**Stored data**
-- ===== src/Hub/Errors.antt =====
-- The errors of crates/maxops-hub/src/lib.rs: `ApiError`, an error of the store, and a message.
use maxops.Prelude.{ℕ, Bool, ◌||◌, ◌&&◌, ◌==◌, leb, String, Result, err, false}
use maxops.Store.Errors.{
  StoreError, event_cursor_expired, active_for_episode, active_for_host, attempts_exhausted,
  cooldown_active, remediation_terminal, invalid_idempotency_key, idempotency_conflict,
  job_revision_changed, change_revision_changed, workspace_revision_changed,
  remediation_revision_changed, workflow_ownership_changed, workflow_not_running,
  change_owned_by_workflow, change_not_found, workspace_not_found, event_not_found,
  remediation_not_found, job_not_found, subscription_not_found, delivery_not_found,
}

pub record ApiError : Type 0 where
  pub status : ℕ
  pub message : String

abbrev pub api_error : ℕ → String → ApiError
api_error status message = record { status = status; message = message }

-- The tests of the code are on the message of the error; this is the case of each message.
unfoldable pub map_store_error : StoreError → ApiError
map_store_error event_cursor_expired = api_error 410 "event cursor expired"
map_store_error active_for_episode = api_error 409 "remediation policy conflict"
map_store_error active_for_host = api_error 409 "remediation policy conflict"
map_store_error attempts_exhausted = api_error 409 "remediation policy conflict"
map_store_error cooldown_active = api_error 409 "remediation policy conflict"
map_store_error remediation_terminal = api_error 409 "remediation policy conflict"
map_store_error invalid_idempotency_key =
    api_error 409 "idempotency key conflicts with another request"
map_store_error idempotency_conflict =
    api_error 409 "idempotency key conflicts with another request"
map_store_error job_revision_changed = api_error 409 "change revision changed"
map_store_error change_revision_changed = api_error 409 "change revision changed"
map_store_error workspace_revision_changed = api_error 409 "change revision changed"
map_store_error remediation_revision_changed = api_error 409 "change revision changed"
map_store_error workflow_ownership_changed =
    api_error 409 "change is owned by a deployment workflow"
map_store_error workflow_not_running = api_error 409 "change is owned by a deployment workflow"
map_store_error change_owned_by_workflow = api_error 409 "change is owned by a deployment workflow"
map_store_error change_not_found = api_error 404 "change not found"
map_store_error workspace_not_found = api_error 404 "workspace not found"
map_store_error event_not_found = api_error 404 "event not found"
map_store_error remediation_not_found = api_error 404 "remediation not found"
map_store_error job_not_found = api_error 404 "job not found"
map_store_error subscription_not_found = api_error 404 "job not found"
map_store_error delivery_not_found = api_error 404 "job not found"
map_store_error _ = api_error 500 "durable job storage failed"

-- What a call of the hub fails with: an error of the store, an `ApiError`, or another message.
pub data HubError : Type 0 where
  store : StoreError → HubError
  api : ApiError → HubError
  report : String → HubError

abbrev pub reject {ℓ} : {A : Type ℓ} → ℕ → String → Result HubError A
reject status message = err (api (api_error status message))

-- `map_err(map_store_error)`
unfoldable pub as_api : HubError → HubError
as_api (store e) = api (map_store_error e)
as_api (api e) = api e
as_api (report text) = api (api_error 500 "durable job storage failed")

-- `is_server_error()` or `CONFLICT`
unfoldable pub may_retry : HubError → Bool
may_retry (api e) = leb 500 e.status && leb e.status 599 || e.status == 409
may_retry (store e) = false
may_retry (report text) = false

**Problem description**
Only the lines from the one bearing "store : StoreError → HubError" through the end of the entries above belong in the answer, each one exactly as given.

**Exercise solution**
  store : StoreError → HubError
  api : ApiError → HubError
  report : String → HubError

abbrev pub reject {ℓ} : {A : Type ℓ} → ℕ → String → Result HubError A
reject status message = err (api (api_error status message))

-- `map_err(map_store_error)`
unfoldable pub as_api : HubError → HubError
as_api (store e) = api (map_store_error e)
as_api (api e) = api e
as_api (report text) = api (api_error 500 "durable job storage failed")

-- `is_server_error()` or `CONFLICT`
unfoldable pub may_retry : HubError → Bool
may_retry (api e) = leb 500 e.status && leb e.status 599 || e.status == 409
may_retry (store e) = false
may_retry (report text) = false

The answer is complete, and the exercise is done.